Upon notice that a member’s benefit is subject to division, LACERA must place a legal hold on the member’s account. A member may not withdraw his or her contributions while a legal hold is in effect. The hold will remain on the member’s account until retirement (and will appear on the member’s Annual Benefit Statement), even if LACERA receives a court order directing payment.
LACERA is bound by certain legal restrictions in paying retirement benefits when a divorce is pending. If you divorce after retirement, LACERA may continue paying your full monthly allowance pending receipt of the documents referenced in this section.
Beneficiary Eligibility: Ex-Spouse
It’s Important to Complete a New Beneficiary Form after Your Divorce
Active Plan D members may change their beneficiary designation at any time prior to retirement.
Upon completion of your divorce (Final Judgment), it is important you complete a new Beneficiary Designation form. Under California law, a dissolution cancels a member’s designation of a former spouse as a beneficiary.
If You Divorce During Active Service: Naming Your Ex-Spouse as Beneficiary
- Should You Die in Active Service
LACERA will pay applicable death benefits to your ex-spouse only if you named that individual on a LACERA Beneficiary Designation form (or equivalent document) subsequent to your divorce or in accordance with a court order. Otherwise, LACERA will pay applicable death benefits to your estate. Your estate is not eligible for continuing benefits.
- Eligibility of Ex-Spouse as Beneficiary for Continuing Benefits after Retirement
When you decide to apply for retirement, you may elect any numbered Retirement Option and name your
ex-spouse as beneficiary. If you elect Option 2, 3, or 4, your “ex” will receive a continuing benefit upon your death. If you elect Option 1, your “ex” will receive a lump-sum payment of any remaining portion (not depleted during your lifetime) of your accumulated contributions.
If You Divorce After Retirement: Naming Your Ex-Spouse as Beneficiary
- If you elected the Unmodified or the Unmodified Plus Option at retirement, your ex-spouse is ineligible to receive a continuing benefit from LACERA upon your death. In such case, you may name a new beneficiary after you are divorced.
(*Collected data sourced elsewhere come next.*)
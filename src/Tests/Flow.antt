-- ===== src/Tests/Flow.antt =====
-- The liveness analysis of src/liveness.rs on a small program.
use rand_verifier.Prelude.{ℕ, zero, suc, ◌^◌, ◌<◌, ◌≡◌, refl, List, [], ◌∷◌, some, arith}
use rand_verifier.Prelude.Int.{pos}
use rand_verifier.Insn.{BpfInsn, mov_reg, exit, jeq_imm}
use rand_verifier.Insn.Control.{target_of}
use rand_verifier.Liveness.{use_def}
use rand_verifier.Liveness.Analyze.{LivenessMasks, use_def_at, analyze}
use rand_verifier.Liveness.Analyze.Solved.{IsLeastSolution, analyze-IsLeastSolution}

-- A branch over a move into R0: both R0 and R2 may be read before it, and R1 by it.
abbrev branching : List BpfInsn
branching = jeq_imm 1 (pos 0) (pos 1) ∷ mov_reg 0 2 ∷ exit ∷ []

branching-masks :
    analyze branching ≡ some (record { live_regs = 7 ∷ 4 ∷ 1 ∷ []; live_stack = 0 ∷ 0 ∷ 0 ∷ [] })
unfolding analyze target_of use_def
branching-masks = refl

branching-regs : (i : ℕ) → (use_def_at branching i).use_regs < 2 ^ 16
unfolding use_def
branching-regs zero = omega arith
branching-regs (suc zero) = omega arith
branching-regs (suc (suc zero)) = omega arith
branching-regs (suc (suc (suc i))) = omega arith

branching-slots : (i : ℕ) → (use_def_at branching i).read_slots < 2 ^ 64
unfolding use_def
branching-slots zero = omega arith
branching-slots (suc zero) = omega arith
branching-slots (suc (suc zero)) = omega arith
branching-slots (suc (suc (suc i))) = omega arith

analyze-IsLeastSolution_example :
    (l : LivenessMasks) × (analyze branching ≡ some l) × IsLeastSolution branching l
analyze-IsLeastSolution_example =
    analyze-IsLeastSolution branching
      (record { regs_fit = branching-regs; slots_fit = branching-slots })
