-- ===== src/Tests/Graphs.antt =====
-- The control-flow checks of src/cfg.rs on small programs.
use rand_verifier.Prelude.{ℕ, ◌≡◌, ◌≢◌, refl, List, [], ◌∷◌, some, none, ok, arith}
use rand_verifier.Prelude.Int.{pos}
use rand_verifier.Insn.{BpfInsn, mov_imm, exit, call_sub, jeq_imm}
use rand_verifier.Insn.Control.{target_of}
use rand_verifier.Cfg.{add_subprog, find_subprog_range}
use rand_verifier.Cfg.Range.{Brackets}
use rand_verifier.Cfg.Entries.{find_subprog_range-add_subprog}
use rand_verifier.Cfg.Visit.{visit_insn}
use rand_verifier.Cfg.Search.{check_cfg}
use rand_verifier.Cfg.Search.Ends.{check_cfg-ends}
use rand_verifier.Cfg.Search.Reached.{Reached, check_cfg-Reached}
use rand_verifier.Cfg.Visit.Targets.{HasTargets}
use rand_verifier.Cfg.Stack.{check_stack_call_chains, callee_at}
use rand_verifier.Cfg.Stack.Chains.{CallChain, IsLegal, main, calls, chain-IsLegal}

-- A branch over one instruction.
abbrev branching : List BpfInsn
branching = jeq_imm 1 (pos 0) (pos 1) ∷ mov_imm 0 (pos 1) ∷ exit ∷ []

branching-accepted : check_cfg branching (0 ∷ []) ≡ some (ok [])
unfolding check_cfg visit_insn target_of
branching-accepted = refl

check_cfg-Reached_example :
    Reached branching (0 ∷ []) 0
    × (nexts : List ℕ) × (visit_insn 0 branching (0 ∷ []) ≡ ok nexts)
    × HasTargets branching (0 ∷ []) 0 nexts
check_cfg-Reached_example =
    check_cfg-Reached branching (0 ∷ []) [] 0 branching-accepted (omega arith)

check_cfg-ends_example : check_cfg branching (0 ∷ []) ≢ none
check_cfg-ends_example = check_cfg-ends branching (0 ∷ [])

-- A call of the subprogram at 2.
abbrev calling : List BpfInsn
calling = call_sub (pos 1) ∷ exit ∷ exit ∷ []

calling-entries : add_subprog calling ≡ ok (0 ∷ 2 ∷ [])
unfolding add_subprog target_of
calling-entries = refl

find_subprog_range-add_subprog_example :
    Brackets 1
      (find_subprog_range 1 (0 ∷ 2 ∷ []) 3).0
      (find_subprog_range 1 (0 ∷ 2 ∷ []) 3).1
      (0 ∷ 2 ∷ [])
find_subprog_range-add_subprog_example =
    find_subprog_range-add_subprog calling (0 ∷ 2 ∷ []) 1 calling-entries (omega arith)

calling-chains : check_stack_call_chains calling (0 ∷ 2 ∷ []) (8 ∷ 16 ∷ []) ≡ ok 0
unfolding check_stack_call_chains target_of
calling-chains = refl

calling-chain : CallChain calling (0 ∷ 2 ∷ []) (1 ∷ 0 ∷ [])
unfolding find_subprog_range callee_at target_of
calling-chain = calls 0 [] 0 1 main (omega arith) (omega arith) refl

chain-IsLegal_example : IsLegal (8 ∷ 16 ∷ []) (0 ∷ []) 1
chain-IsLegal_example =
    chain-IsLegal calling (0 ∷ 2 ∷ []) (8 ∷ 16 ∷ []) 0 calling-chains 1 0 [] calling-chain
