-- ===== src/Chart/Session/Switch.antt =====
-- The chart component right after another interval is chosen.
use stock_anomoly_detection.Prelude.{
  ◌<◌, ◌≡◌, refl, ◌≢◌, Bool, true, false, List, [], ◌∷◌, Option, some, length, arith, lt→ltb, ap,
}
use stock_anomoly_detection.Text.{Text}
use stock_anomoly_detection.Chart.{OhlcvPoint, Interval}
use stock_anomoly_detection.Chart.Paging.{merge_older}
use stock_anomoly_detection.Chart.Session.{
  PriceChart, sync_interval, clean_up, initialize_chart, push, show_data, MoreRequest, Response,
  failed, not_ok, ok,
}
use stock_anomoly_detection.Chart.Session.Handlers.{
  on_more, add_older, HistoryRequest, load_history, on_history, apply_all, fit,
}
use stock_anomoly_detection.Chart.Session.Steps.{World, set_interval, also, rebuild, reload, step}

-- the answer to a request for older candles decides the series, whatever the chart shows by then
pub on_more-grown :
    (q : MoreRequest) (more : List OhlcvPoint) (s : PriceChart)
    → length q.current_data < length (merge_older more q.current_data)
    → more ≢ []
    → (on_more q (ok more) s).ohlcv_data ≡ merge_older more q.current_data
unfolding on_more add_older show_data push
on_more-grown q [] s h k = absurd (k refl)
on_more-grown q (m ∷ more) s h k =
    rw (lt→ltb (length q.current_data) (length (merge_older (m ∷ more) q.current_data)) h)

pub on_more-interval :
    (q : MoreRequest) (r : Response) (s : PriceChart) → (on_more q r s).interval ≡ s.interval
unfolding on_more add_older show_data push
on_more-interval q failed s = refl
on_more-interval q not_ok s = refl
on_more-interval q (ok []) s = refl
on_more-interval q (ok (m ∷ more)) s = ground arith

pub on_history-interval : (r : Response) (s : PriceChart) → (on_history r s).interval ≡ s.interval
unfolding on_history fit show_data push apply_all
on_history-interval failed s = refl
on_history-interval not_ok s = refl
on_history-interval (ok h) s = ground arith

pub rebuilt-interval :
    (b : Bool) (s : PriceChart)
    → (initialize_chart b (sync_interval (clean_up s))).interval ≡ s.interval
unfolding initialize_chart sync_interval clean_up push
rebuilt-interval b s = ground arith

-- a chart of a selected stock with unanswered requests
abbrev pub world : PriceChart → Text → List MoreRequest → World
world s ticker more = record { chart = s; selected = some ticker; more = more; histories = [] }

-- the chart right after an interval is chosen
abbrev pub switched : Interval → PriceChart → PriceChart
switched j s =
    record (initialize_chart true (sync_interval (clean_up (record s { interval = j })))) {
      is_history_loaded = false;
    }

abbrev pub first_request : Text → PriceChart → HistoryRequest
first_request ticker s = record { ticker = ticker; interval = s.interval }

pub load_history-some :
    (ticker : Text) (ready : Bool) (s : PriceChart)
    → ready ≡ true
    → load_history (some ticker) ready s
      ≡ (record s { is_history_loaded = false }, some (first_request ticker s))
unfolding load_history
load_history-some ticker true s e = refl
load_history-some ticker false s e = absurd (ground arith)

pub set_interval_lem :
    (s : PriceChart) (ticker : Text) (more : List MoreRequest) (j : Interval)
    → s.is_chart_ready ≡ true
    → step (set_interval j) (world s ticker more) ≡ record {
      chart = switched j s;
      selected = some ticker;
      more = more;
      histories = first_request ticker (switched j s) ∷ [];
    }
unfolding step reload rebuild
set_interval_lem s ticker more j ready =
    ap
      (λ (r : PriceChart × Option HistoryRequest).
        let w : World = record {
          chart = r.0;
          selected = some ticker;
          more = more;
          histories = also [] r.1;
        } in
        w)
      (load_history-some ticker s.is_chart_ready
        (initialize_chart true (sync_interval (clean_up (record s { interval = j })))) ready)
- Upon your death, LACERA will pay any remaining portion of your accumulated contributions in one lump-sum payment to the beneficiary you designated after your divorce or to your estate. Neither your new beneficiary nor your estate is eligible for a continuing benefit.
- An ex-spouse is not an eligible surviving spouse and is not eligible to receive a monthly continuing benefit under the Unmodified Retirement Option, even if he or she is named as beneficiary after the divorce.
- An ex-spouse may be eligible to receive a community property portion of a lump-sum benefit, or a proportionate share of the eligible surviving spouse’s benefit, if applicable.
- If you named your spouse as a beneficiary at retirement under Option 2, 3, or 4, he or she will receive a monthly continuing benefit after your death.
In general, a member’s retirement allowance is not subject to garnishment or other levies except as follows:
- A court may order LACERA to pay a portion of a member’s retirement allowance to satisfy a judgment for spousal or child support or a division of community property.
- A member’s retirement allowance is subject to a tax levy by the IRS or the California Franchise Tax Board for payment of delinquent federal or state income tax.
Pension Forfeiture Applies to Public Employees Convicted of a Job-Related Felony
PEPRA establishes pension forfeiture, without exception, for all public employees convicted of a job-related felony.
The law calls for forfeiture of "all accrued rights and benefits in any public retirement system" by any public employee convicted of any felony, as of the earliest date of the crime, "for conduct arising out of or in the performance of his or her official duties, in pursuit of the office or appointment, or in connection with obtaining salary, disability retirement, service retirement, or other benefits."
Your Records Are Subject to Public Disclosure
The California Supreme Court has held the public has a right to know the names and salaries of public officials and employees under the California Public Records Act (CPRA).